(Collected data)
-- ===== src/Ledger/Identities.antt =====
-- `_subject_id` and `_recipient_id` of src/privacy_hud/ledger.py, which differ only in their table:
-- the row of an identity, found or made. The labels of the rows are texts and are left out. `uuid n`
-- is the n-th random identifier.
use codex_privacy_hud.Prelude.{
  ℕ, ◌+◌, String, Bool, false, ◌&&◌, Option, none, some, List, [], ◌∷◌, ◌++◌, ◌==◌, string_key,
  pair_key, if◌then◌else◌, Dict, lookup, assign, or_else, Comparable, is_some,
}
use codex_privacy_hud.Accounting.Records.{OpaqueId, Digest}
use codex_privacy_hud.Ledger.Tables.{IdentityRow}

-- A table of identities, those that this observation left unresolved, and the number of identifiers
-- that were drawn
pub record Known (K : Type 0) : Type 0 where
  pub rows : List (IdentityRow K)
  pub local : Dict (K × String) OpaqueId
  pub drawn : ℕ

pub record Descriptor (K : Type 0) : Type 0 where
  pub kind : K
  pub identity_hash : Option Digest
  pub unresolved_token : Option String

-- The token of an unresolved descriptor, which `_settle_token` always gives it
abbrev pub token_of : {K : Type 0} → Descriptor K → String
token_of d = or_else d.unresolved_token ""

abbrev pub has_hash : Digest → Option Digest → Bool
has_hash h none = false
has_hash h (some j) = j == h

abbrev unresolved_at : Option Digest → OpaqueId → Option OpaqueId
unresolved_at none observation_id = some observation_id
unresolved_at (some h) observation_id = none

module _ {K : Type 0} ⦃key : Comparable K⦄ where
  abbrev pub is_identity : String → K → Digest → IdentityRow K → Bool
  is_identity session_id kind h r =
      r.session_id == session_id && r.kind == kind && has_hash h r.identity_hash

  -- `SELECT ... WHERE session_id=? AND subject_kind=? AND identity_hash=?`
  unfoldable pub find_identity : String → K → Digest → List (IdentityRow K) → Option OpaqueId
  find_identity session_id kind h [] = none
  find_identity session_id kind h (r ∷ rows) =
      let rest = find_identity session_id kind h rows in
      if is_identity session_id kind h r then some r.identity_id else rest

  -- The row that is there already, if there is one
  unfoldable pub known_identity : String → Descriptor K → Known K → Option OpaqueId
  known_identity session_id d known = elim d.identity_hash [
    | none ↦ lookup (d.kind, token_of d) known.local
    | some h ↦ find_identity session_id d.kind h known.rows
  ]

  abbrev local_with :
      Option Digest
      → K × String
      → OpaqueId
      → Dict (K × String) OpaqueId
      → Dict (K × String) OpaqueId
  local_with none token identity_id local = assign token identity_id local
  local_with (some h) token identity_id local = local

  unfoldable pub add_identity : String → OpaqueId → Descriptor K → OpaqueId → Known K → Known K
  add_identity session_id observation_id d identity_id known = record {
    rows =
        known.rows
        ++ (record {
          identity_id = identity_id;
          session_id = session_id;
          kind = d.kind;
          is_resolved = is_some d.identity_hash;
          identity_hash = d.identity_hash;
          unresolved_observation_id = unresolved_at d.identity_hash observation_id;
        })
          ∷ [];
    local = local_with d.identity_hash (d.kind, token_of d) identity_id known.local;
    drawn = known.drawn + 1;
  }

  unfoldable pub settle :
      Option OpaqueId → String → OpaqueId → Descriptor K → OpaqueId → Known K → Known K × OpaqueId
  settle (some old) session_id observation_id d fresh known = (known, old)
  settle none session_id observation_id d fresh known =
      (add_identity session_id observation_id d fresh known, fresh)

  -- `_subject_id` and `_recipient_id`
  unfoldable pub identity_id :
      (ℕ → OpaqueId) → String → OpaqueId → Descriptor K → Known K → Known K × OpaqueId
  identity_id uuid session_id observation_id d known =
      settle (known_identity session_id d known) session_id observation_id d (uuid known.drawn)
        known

* * *

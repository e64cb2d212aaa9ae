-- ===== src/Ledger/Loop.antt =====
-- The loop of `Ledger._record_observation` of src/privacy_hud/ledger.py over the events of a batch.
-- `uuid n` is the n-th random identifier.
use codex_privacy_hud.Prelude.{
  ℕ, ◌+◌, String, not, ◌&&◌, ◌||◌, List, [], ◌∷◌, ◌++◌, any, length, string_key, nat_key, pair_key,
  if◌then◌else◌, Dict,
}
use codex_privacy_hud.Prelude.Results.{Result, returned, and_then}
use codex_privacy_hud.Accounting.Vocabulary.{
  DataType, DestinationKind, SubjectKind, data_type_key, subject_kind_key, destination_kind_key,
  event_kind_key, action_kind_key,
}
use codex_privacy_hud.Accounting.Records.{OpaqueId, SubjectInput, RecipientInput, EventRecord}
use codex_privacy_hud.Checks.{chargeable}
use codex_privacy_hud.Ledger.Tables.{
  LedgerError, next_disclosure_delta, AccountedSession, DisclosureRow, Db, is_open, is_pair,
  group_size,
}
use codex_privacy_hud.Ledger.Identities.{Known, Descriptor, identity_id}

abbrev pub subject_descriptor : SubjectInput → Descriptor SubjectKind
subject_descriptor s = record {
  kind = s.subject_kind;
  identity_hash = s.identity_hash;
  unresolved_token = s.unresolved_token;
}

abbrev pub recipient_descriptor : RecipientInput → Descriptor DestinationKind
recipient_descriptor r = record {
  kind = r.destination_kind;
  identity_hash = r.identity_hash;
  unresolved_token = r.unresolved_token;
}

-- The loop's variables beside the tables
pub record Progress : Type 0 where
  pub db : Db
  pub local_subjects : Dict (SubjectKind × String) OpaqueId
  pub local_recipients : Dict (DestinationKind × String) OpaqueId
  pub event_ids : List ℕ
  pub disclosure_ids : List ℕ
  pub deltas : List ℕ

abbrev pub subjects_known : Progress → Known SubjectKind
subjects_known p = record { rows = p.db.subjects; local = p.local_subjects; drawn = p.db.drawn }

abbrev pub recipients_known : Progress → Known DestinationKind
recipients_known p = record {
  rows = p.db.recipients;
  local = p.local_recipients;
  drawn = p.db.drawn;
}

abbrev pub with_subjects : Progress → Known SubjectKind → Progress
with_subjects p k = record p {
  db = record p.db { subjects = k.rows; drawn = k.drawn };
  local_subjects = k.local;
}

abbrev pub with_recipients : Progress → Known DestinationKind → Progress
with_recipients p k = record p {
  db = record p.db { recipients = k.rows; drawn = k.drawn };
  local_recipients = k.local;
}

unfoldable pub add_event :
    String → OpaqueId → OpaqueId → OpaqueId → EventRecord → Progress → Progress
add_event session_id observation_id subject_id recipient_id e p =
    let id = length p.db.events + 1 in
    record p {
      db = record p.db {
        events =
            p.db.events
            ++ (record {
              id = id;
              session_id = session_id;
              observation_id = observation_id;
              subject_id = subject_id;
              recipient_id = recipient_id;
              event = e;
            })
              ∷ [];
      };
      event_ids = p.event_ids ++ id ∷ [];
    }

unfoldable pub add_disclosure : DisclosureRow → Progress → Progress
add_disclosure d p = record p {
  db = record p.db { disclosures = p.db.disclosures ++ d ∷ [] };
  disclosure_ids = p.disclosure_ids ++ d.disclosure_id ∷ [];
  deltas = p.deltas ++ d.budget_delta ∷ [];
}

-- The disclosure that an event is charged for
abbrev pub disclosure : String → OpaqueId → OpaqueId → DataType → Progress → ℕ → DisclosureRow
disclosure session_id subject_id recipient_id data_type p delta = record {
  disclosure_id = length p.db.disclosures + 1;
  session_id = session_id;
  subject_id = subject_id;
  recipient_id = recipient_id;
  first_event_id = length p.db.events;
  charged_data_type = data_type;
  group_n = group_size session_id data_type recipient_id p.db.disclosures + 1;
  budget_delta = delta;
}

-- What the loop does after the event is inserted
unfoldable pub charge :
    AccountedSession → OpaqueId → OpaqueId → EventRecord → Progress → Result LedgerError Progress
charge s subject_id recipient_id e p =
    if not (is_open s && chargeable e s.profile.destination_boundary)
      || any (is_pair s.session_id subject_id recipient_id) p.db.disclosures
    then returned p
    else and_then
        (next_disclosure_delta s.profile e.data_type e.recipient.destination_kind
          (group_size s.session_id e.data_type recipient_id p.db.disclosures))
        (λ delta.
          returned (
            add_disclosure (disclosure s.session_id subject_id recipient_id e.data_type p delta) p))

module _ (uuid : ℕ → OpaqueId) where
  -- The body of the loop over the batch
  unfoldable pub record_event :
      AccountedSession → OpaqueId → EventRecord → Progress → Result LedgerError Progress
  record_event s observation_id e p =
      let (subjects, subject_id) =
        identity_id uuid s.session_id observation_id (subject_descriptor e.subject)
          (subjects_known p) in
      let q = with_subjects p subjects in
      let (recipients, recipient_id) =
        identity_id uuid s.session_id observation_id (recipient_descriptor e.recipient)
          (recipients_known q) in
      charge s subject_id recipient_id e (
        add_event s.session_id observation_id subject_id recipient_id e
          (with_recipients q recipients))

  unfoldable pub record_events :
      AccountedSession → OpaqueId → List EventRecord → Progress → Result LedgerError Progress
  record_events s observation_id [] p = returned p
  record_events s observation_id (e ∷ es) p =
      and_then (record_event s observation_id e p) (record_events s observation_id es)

...

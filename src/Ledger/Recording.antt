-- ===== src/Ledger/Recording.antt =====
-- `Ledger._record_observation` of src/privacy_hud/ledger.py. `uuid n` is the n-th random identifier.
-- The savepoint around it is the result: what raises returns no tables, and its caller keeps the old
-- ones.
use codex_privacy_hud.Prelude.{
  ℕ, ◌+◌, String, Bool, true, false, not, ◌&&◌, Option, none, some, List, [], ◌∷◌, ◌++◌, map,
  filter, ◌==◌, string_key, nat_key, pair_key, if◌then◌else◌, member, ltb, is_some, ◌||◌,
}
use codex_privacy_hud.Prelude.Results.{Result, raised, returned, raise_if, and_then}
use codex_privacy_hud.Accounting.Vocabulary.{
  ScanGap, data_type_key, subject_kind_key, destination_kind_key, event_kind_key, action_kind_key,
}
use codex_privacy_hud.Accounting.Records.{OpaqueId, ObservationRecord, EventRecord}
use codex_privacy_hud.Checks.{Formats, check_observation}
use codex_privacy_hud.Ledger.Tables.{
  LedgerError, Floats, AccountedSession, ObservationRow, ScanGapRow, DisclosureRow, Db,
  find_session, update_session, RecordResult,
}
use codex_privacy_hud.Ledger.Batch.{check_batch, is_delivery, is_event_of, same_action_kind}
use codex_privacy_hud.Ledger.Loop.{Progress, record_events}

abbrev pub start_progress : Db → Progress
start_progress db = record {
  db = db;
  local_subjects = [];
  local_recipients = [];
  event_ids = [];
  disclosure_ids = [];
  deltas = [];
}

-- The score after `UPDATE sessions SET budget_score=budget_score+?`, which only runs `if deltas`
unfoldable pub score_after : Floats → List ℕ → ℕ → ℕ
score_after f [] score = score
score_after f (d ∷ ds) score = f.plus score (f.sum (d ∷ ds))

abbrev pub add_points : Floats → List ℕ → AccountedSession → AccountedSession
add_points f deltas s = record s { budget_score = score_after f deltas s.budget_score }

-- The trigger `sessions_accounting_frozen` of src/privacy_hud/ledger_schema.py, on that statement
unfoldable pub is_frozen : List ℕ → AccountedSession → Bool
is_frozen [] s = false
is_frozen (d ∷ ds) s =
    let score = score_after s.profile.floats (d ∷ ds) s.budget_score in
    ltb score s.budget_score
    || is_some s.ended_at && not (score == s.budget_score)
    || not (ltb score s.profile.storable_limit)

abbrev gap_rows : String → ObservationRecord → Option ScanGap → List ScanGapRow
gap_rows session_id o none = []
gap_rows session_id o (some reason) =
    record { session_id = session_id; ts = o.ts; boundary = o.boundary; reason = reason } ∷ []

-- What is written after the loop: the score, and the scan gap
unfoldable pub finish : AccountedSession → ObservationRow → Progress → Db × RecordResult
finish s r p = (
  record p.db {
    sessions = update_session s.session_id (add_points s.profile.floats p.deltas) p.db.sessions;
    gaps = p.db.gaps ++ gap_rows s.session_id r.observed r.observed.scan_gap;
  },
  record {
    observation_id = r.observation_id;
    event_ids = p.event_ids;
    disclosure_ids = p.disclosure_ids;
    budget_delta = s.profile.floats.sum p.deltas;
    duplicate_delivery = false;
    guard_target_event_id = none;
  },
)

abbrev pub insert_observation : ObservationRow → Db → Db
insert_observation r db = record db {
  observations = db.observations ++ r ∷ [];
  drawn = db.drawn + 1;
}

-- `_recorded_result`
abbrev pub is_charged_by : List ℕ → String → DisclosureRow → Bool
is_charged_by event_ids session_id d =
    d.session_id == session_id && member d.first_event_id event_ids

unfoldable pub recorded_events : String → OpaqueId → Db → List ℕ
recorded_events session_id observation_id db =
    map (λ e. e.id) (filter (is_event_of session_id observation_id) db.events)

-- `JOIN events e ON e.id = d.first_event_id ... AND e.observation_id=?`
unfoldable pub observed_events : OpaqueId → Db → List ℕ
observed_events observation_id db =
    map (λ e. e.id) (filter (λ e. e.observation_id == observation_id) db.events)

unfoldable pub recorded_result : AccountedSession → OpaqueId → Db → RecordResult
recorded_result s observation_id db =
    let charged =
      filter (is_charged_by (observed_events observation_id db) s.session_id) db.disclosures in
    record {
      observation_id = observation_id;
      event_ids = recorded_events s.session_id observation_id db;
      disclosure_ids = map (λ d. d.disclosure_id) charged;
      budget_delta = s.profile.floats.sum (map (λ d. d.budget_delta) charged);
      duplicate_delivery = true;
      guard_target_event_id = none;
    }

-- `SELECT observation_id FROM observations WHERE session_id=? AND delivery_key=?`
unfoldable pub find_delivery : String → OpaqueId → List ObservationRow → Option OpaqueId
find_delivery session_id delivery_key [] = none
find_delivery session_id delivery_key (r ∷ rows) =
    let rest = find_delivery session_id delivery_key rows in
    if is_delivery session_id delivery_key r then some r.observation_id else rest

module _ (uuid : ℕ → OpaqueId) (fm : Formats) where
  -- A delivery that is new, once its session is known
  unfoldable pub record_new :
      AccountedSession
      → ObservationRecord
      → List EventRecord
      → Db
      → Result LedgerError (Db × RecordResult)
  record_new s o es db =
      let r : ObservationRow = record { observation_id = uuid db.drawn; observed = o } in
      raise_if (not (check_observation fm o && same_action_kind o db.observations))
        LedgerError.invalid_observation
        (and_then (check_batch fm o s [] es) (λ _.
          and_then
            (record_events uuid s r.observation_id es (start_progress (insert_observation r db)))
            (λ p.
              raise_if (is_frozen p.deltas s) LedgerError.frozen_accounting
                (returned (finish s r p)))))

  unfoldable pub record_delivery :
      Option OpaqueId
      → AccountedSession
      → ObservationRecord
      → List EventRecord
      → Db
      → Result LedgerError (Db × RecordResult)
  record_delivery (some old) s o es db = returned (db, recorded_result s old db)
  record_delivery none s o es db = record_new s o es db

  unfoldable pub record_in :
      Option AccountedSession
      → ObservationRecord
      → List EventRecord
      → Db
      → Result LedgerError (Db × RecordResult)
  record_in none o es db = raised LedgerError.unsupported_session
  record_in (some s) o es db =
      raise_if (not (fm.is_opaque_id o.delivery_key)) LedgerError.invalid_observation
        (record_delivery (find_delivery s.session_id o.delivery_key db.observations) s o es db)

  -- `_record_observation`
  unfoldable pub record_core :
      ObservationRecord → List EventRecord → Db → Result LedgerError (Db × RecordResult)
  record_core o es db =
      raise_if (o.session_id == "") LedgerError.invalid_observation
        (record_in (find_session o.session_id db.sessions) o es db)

PROBLEM REQUIREMENTS — Of all the entries above, output exactly the lines between the one holding "-- ===== src/Ledger/Identities.antt" and the one holding "-- the row of", inclusive.

SOLUTION —
-- ===== src/Ledger/Identities.antt =====
-- `_subject_id` and `_recipient_id` of src/privacy_hud/ledger.py, which differ only in their table:
-- the row of an identity, found or made. The labels of the rows are texts and are left out. `uuid n`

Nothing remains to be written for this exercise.